Endra will likely need to do some fundraising to support its ambitious plans; it had only $2.3 million in cash as of Sept. 30 and a third quarter loss of $3.4 million. That could prove challenging, since it is the rare, pre-revenue public med tech. It conducted an IPO in June 2017 to raise $8.4 million at a valuation of $16.8 million, but since the IPO, its shares have trailed downward to a price of about $1 vs. $5 at IPO. That gives it a current market cap of only about $7.5 million.

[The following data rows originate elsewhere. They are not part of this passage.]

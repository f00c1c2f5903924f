-- ===== src/Env/Installation.antt =====
-- The installation of the flasher: `runInstallation` and what it calls, with extractTarGz, extractZip and
-- copyfileByWildcard of simpelTools/src/filetools.py.
pub mod Installed
pub mod Steps
pub mod Returns
mod Tests
use org_muhkuh_tools_flasher.Common.{
  ℕ, Bool, true, false, not, ◌&&◌, Option, none, some, List, [], ◌∷◌, ◌++◌, ◌==◌, if◌then◌else◌,
}
use org_muhkuh_tools_flasher.Common.Io.{Io, ◌>>=◌, ◌>>◌, return, raise, gets}
use org_muhkuh_tools_flasher.Common.Words.{Word, codes}
use org_muhkuh_tools_flasher.Common.Paths.{join}
use org_muhkuh_tools_flasher.Carriers.System.{World, on_rest}

-- The operations, on a state of any type, and the members of an archive. A relative path starts at the working
-- directory, which is the first argument; `chdir` gives the new one.
pub record InstallSystem (R M : Type 0) : Type 0 where
  pub chdir : Word → Word → R → Option Word
  pub open_tar : Word → Word → Io R (List M)
  pub extract_member : Word → M → Io R Unit
  pub extract_all : Word → Word → Word → Io R Unit
  pub glob : Word → Word → R → List Word
  pub copy : Word → Word → Word → Io R Unit

-- `self.os`, whether `platform.system()` is 'Linux', and the attributes of `self.ref_flash` that the
-- installation reads.
pub record Reference : Type 0 where
  pub is_linux : Bool
  pub on_linux : Bool
  pub linux_version : Word
  pub machine : Word
  pub flasher_version : Word
  pub base_root : Word
  pub apply_romloader_patch : Bool

abbrev pub flasher_folder : Reference → Word
unfolding join
flasher_folder r = join r.base_root (codes "flasher_cli-" ++ r.flasher_version)

abbrev pub tar_flasher : Reference → Word
unfolding join
tar_flasher r = join r.base_root (codes "flasher_cli-" ++ r.flasher_version ++ codes ".tar.gz")

unfoldable pub gen_name_flasher_archive : Reference → Bool → Word
gen_name_flasher_archive r force32 =
    let machine = if force32 then codes "x86" else r.machine in
    if r.is_linux
    then codes "flasher_cli-"
      ++ r.flasher_version
      ++ codes "-ubuntu"
      ++ r.linux_version
      ++ b'_' ∷ (machine ++ codes ".tar.gz")
    else codes "flasher_cli-" ++ r.flasher_version ++ codes "-windows_" ++ machine ++ codes ".zip"

-- `set_path_flasher_binary`
unfoldable pub path_lua_binary : Reference → Word
unfolding join flasher_folder
path_lua_binary r =
    join (flasher_folder r) (if r.is_linux then codes "lua5.1.sh" else codes "lua5.1.exe")

-- `try` with an `except` that leaves the state as it is then.
unfoldable pub caught : {R : Type 0} → Option (Unit {0}) × R → Option Bool × R
caught (none, s) = (some false, s)
caught (some u, s) = (some true, s)

module _ {R M : Type 0} (sys : InstallSystem R M) where
  unfoldable pub entered : Option Word → Io (World R) Unit
  entered none w = (none, w)
  entered (some cwd) w = (some tt, record w { cwd = cwd })

  unfoldable pub change_directory : Word → Io (World R) Unit
  unfolding entered
  change_directory path w = entered (sys.chdir w.cwd path w.rest) w

  unfoldable pub extract_members : Word → List M → Io (World R) Unit
  unfolding ◌>>=◌
  extract_members cwd [] = return tt
  extract_members cwd (m ∷ ms) = do on_rest (sys.extract_member cwd m); extract_members cwd ms

  -- An exception leaves the working directory in the target folder.
  unfoldable pub extract_tar_gz : Word → Word → Io (World R) Unit
  unfolding change_directory extract_members ◌>>=◌
  extract_tar_gz archive folder = do
    old ← gets (λ w. w.cwd)
    change_directory folder
    cwd ← gets (λ w. w.cwd)
    members ← on_rest (sys.open_tar cwd archive)
    extract_members cwd members
    change_directory old

  unfoldable pub extract_zip : Word → Word → Io (World R) Unit
  unfolding ◌>>=◌
  extract_zip archive folder = do
    cwd ← gets (λ w. w.cwd)
    on_rest (sys.extract_all cwd archive folder)

  -- `try: shutil.copy(...)`, with whether it worked.
  unfoldable pub try_copy : Word → Word → Word → Io R Bool
  unfolding caught
  try_copy cwd source target r = caught (sys.copy cwd source target r)

  -- The loop ends at the first file that cannot be copied, with 56.
  unfoldable pub copy_files : Word → Word → List Word → Io R ℕ
  unfolding try_copy ◌>>=◌
  copy_files cwd target [] = return 0
  copy_files cwd target (name ∷ names) = do
    worked ← try_copy cwd name target
    if worked then copy_files cwd target names else return 56

  unfoldable pub copyfile_by_wildcard : Word → Word → Io (World R) ℕ
  unfolding copy_files ◌>>=◌
  copyfile_by_wildcard wildcard target = do
    w ← gets (λ w. w)
    on_rest (copy_files w.cwd target (sys.glob w.cwd wildcard w.rest))

  module _ (r : Reference) where
    unfoldable pub apply_test_romloader : Io (World R) Unit
    unfolding copyfile_by_wildcard flasher_folder join ◌>>=◌
    apply_test_romloader = do
      err ←
          copyfile_by_wildcard (join (join r.base_root (codes "netxbins")) (codes "montest_*.bin"))
            (join (flasher_folder r) (codes "netx"))
      cwd ← gets (λ w. w.cwd)
      if err == 0
          then on_rest
              (sys.copy cwd (join r.base_root (codes "test_romloader.lua")) (flasher_folder r))
          else raise

    unfoldable pub install_flasher_version_unpack : Word → Io (World R) Unit
    unfolding extract_tar_gz extract_zip
    install_flasher_version_unpack archive =
        if r.is_linux then extract_tar_gz archive r.base_root else extract_zip archive r.base_root

    -- It is no longer supported: the first statement raises.
    unfoldable pub install_romloader_plugin : Io (World R) ℕ
    install_romloader_plugin = raise

    unfoldable pub when : Bool → Io (World R) Unit → Io (World R) Unit
    when true m = m
    when false m = return tt

    unfoldable pub patch : Bool → Io (World R) ℕ
    unfolding install_romloader_plugin
    patch true = install_romloader_plugin
    patch false = return 0

    -- Linux takes no 32 bits.
    unfoldable pub run_installation : Bool → Bool → Io (World R) ℕ
    unfolding install_flasher_version_unpack apply_test_romloader extract_tar_gz
        gen_name_flasher_archive tar_flasher when patch ◌>>=◌
    run_installation force32 apply_romloader_test = do
      extract_tar_gz (tar_flasher r) r.base_root
      install_flasher_version_unpack (gen_name_flasher_archive r (force32 && not r.on_linux))
      when apply_romloader_test apply_test_romloader
      patch r.apply_romloader_patch
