-- ===== src/Env/Installation/Installed.antt =====
-- What an installation that returns has done.
use org_muhkuh_tools_flasher.Common.{
  ◌≡◌, refl, sym, subst, ◌∙◌, ap, ap₂, Option, none, some, List, [], ◌∷◌,
}
use org_muhkuh_tools_flasher.Common.Io.{
  Io, ◌>>=◌, ◌>>◌, gets, bind_some, result_is, bind_step, raise-return,
}
use org_muhkuh_tools_flasher.Common.Words.{Word}
use org_muhkuh_tools_flasher.Carriers.System.{World, on_rest}
use org_muhkuh_tools_flasher.Env.Installation.{
  InstallSystem, entered, change_directory, extract_members, extract_tar_gz,
}

-- A step on the rest of the world.
pub on_rest-some :
    {R A : Type 0} (m : Io R A) {a : A} (w v : World R)
    → on_rest m w ≡ (some a, v)
    → m w.rest ≡ (some a, v.rest)
on_rest-some m w v h = ap (λ q. (q.0, q.1.rest)) h

pub on_rest-cwd :
    {R A : Type 0} (m : Io R A) {a : A} (w v : World R) → on_rest m w ≡ (some a, v) → v.cwd ≡ w.cwd
on_rest-cwd m w v h = sym (ap (λ q. q.1.cwd) h)

module _ {R M : Type 0} (sys : InstallSystem R M) where
  -- The members were extracted one after the other.
  pub data AreExtracted (cwd : Word) : List M → R → R → Type 0 where
    done : {r : R} → AreExtracted cwd [] r r
    next :
        {m : M} {ms : List M} {r s t : R}
        → sys.extract_member cwd m r ≡ (some tt, s)
        → AreExtracted cwd ms s t
        → AreExtracted cwd (m ∷ ms) r t

  extract_members-AreExtracted :
      (cwd : Word) (ms : List M) (w v : World R)
      → extract_members sys cwd ms w ≡ (some tt, v)
      → AreExtracted cwd ms w.rest v.rest × (v.cwd ≡ w.cwd)
  unfolding extract_members
  extract_members-AreExtracted cwd [] w v h =
      let same = (result_is h).1 in
      (
        subst (λ (u : World R). AreExtracted cwd [] w.rest u.rest) same done,
        ap (λ (u : World R). u.cwd) (sym same),
      )
  extract_members-AreExtracted cwd (m ∷ ms) w v h =
      let (_, u, f, g) =
        bind_some (on_rest (sys.extract_member cwd m)) (λ _. extract_members sys cwd ms) h in
      let (later, same) = extract_members-AreExtracted cwd ms u v g in
      (
        next (on_rest-some (sys.extract_member cwd m) w u f) later,
        same ∙ on_rest-cwd (sys.extract_member cwd m) w u f,
      )

  -- What `extract_tar_gz` has done: the folder was entered, all members were extracted there, and the old
  -- working directory was entered again.
  pub record IsUnpacked (archive folder : Word) (w v : World R) : Type 0 where
    pub inside : Word
    pub opened : R
    pub members : List M
    pub enters : sys.chdir w.cwd folder w.rest ≡ some inside
    pub opens : sys.open_tar inside archive w.rest ≡ (some members, opened)
    pub extracts : AreExtracted inside members opened v.rest
    pub leaves : sys.chdir inside w.cwd v.rest ≡ some v.cwd

  entered-some :
      (o : Option Word) (w v : World R)
      → entered sys o w ≡ (some tt, v)
      → (o ≡ some v.cwd) × (v.rest ≡ w.rest)
  unfolding entered
  entered-some none w v h = absurd (raise-return h)
  entered-some (some cwd) w v h =
      let same = (result_is h).1 in
      (ap (λ (u : World R). some u.cwd) same, ap (λ (u : World R). u.rest) (sym same))

  change_directory-some :
      (path : Word) (w v : World R)
      → change_directory sys path w ≡ (some tt, v)
      → (sys.chdir w.cwd path w.rest ≡ some v.cwd) × (v.rest ≡ w.rest)
  unfolding change_directory
  change_directory-some path w v h = entered-some (sys.chdir w.cwd path w.rest) w v h

  -- The steps in the folder, and the way back.
  from_inside : Word → Word → Io (World R) Unit
  unfolding ◌>>=◌
  from_inside archive old = do
    cwd ← gets (λ w. w.cwd)
    members ← on_rest (sys.open_tar cwd archive)
    extract_members sys cwd members
    change_directory sys old

  extract_and_leave :
      (old : Word) (members : List M) (x v : World R)
      → (extract_members sys x.cwd members >> change_directory sys old) x ≡ (some tt, v)
      → AreExtracted x.cwd members x.rest v.rest × (sys.chdir x.cwd old v.rest ≡ some v.cwd)
  extract_and_leave old members x v h =
      let (_, y, e, l) =
        bind_some (extract_members sys x.cwd members) (λ _. change_directory sys old) h in
      let (extracts, same) = extract_members-AreExtracted x.cwd members x y e in
      let (leaves, kept) = change_directory-some old y v l in
      (
        subst (AreExtracted x.cwd members x.rest) (sym kept) extracts,
        ap₂ (λ c r. sys.chdir c old r) (sym same) kept ∙ leaves,
      )

  from_inside-IsUnpacked :
      (archive folder : Word) (w u v : World R)
      → sys.chdir w.cwd folder w.rest ≡ some u.cwd
      → u.rest ≡ w.rest
      → from_inside archive w.cwd u ≡ (some tt, v)
      → IsUnpacked archive folder w v
  unfolding from_inside
  from_inside-IsUnpacked archive folder w u v enters kept h =
      let (members, x, o, k) =
        bind_some (on_rest (sys.open_tar u.cwd archive))
          (λ members. extract_members sys u.cwd members >> change_directory sys w.cwd)
          (sym (
              bind_step (gets (λ (y : World R). y.cwd))
                (λ cwd. on_rest (sys.open_tar cwd archive) >>= λ members.
                  extract_members sys cwd members >> change_directory sys w.cwd)
                u refl)
            ∙ h) in
      let there : x.cwd ≡ u.cwd = on_rest-cwd (sys.open_tar u.cwd archive) u x o in
      let (extracts, leaves) =
        extract_and_leave w.cwd members x v
          (ap (λ c. (extract_members sys c members >> change_directory sys w.cwd) x) there ∙ k) in
      record {
        inside = u.cwd;
        opened = x.rest;
        members = members;
        enters = enters;
        opens =
            ap (λ r. sys.open_tar u.cwd archive r) (sym kept)
            ∙ on_rest-some (sys.open_tar u.cwd archive) u x o;
        extracts = subst (λ c. AreExtracted c members x.rest v.rest) there extracts;
        leaves = ap (λ c. sys.chdir c w.cwd v.rest) (sym there) ∙ leaves;
      }

  pub extract_tar_gz-IsUnpacked :
      (archive folder : Word) (w v : World R)
      → extract_tar_gz sys archive folder w ≡ (some tt, v)
      → IsUnpacked archive folder w v
  unfolding extract_tar_gz from_inside
  extract_tar_gz-IsUnpacked archive folder w v h =
      let (_, u, c, g) =
        bind_some (change_directory sys folder) (λ _. from_inside archive w.cwd)
          (sym (
              bind_step (gets (λ (u : World R). u.cwd))
                (λ old. change_directory sys folder >> from_inside archive old) w refl)
            ∙ h) in
      let (enters, kept) = change_directory-some folder w u c in
      from_inside-IsUnpacked archive folder w u v enters kept g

“It was perhaps a little unorthodox that we went public as such an early stage company, but I think we were fortunate to meet the criteria and get the investment interest to do a straight IPO on the Nasdaq,” said Michelon. “It is on the challenging side for a small company. Being publicly traded on the Nasdaq is a pretty heavy burden in terms of legal and auditing costs and all the work and time and bandwidth that we have to devote to meeting the rigors of being listed on the Nasdaq.”

“Our long-term holders have benefited us, so I would say, without speaking to you know any plans to raise capital, when we want to raise capital – it's a fairly liquid currency for us to be listed that way,” he added. “So, as we get bigger, as we come into revenue next year, I think it'll be particularly attractive and less burdensome relative to where we are now.”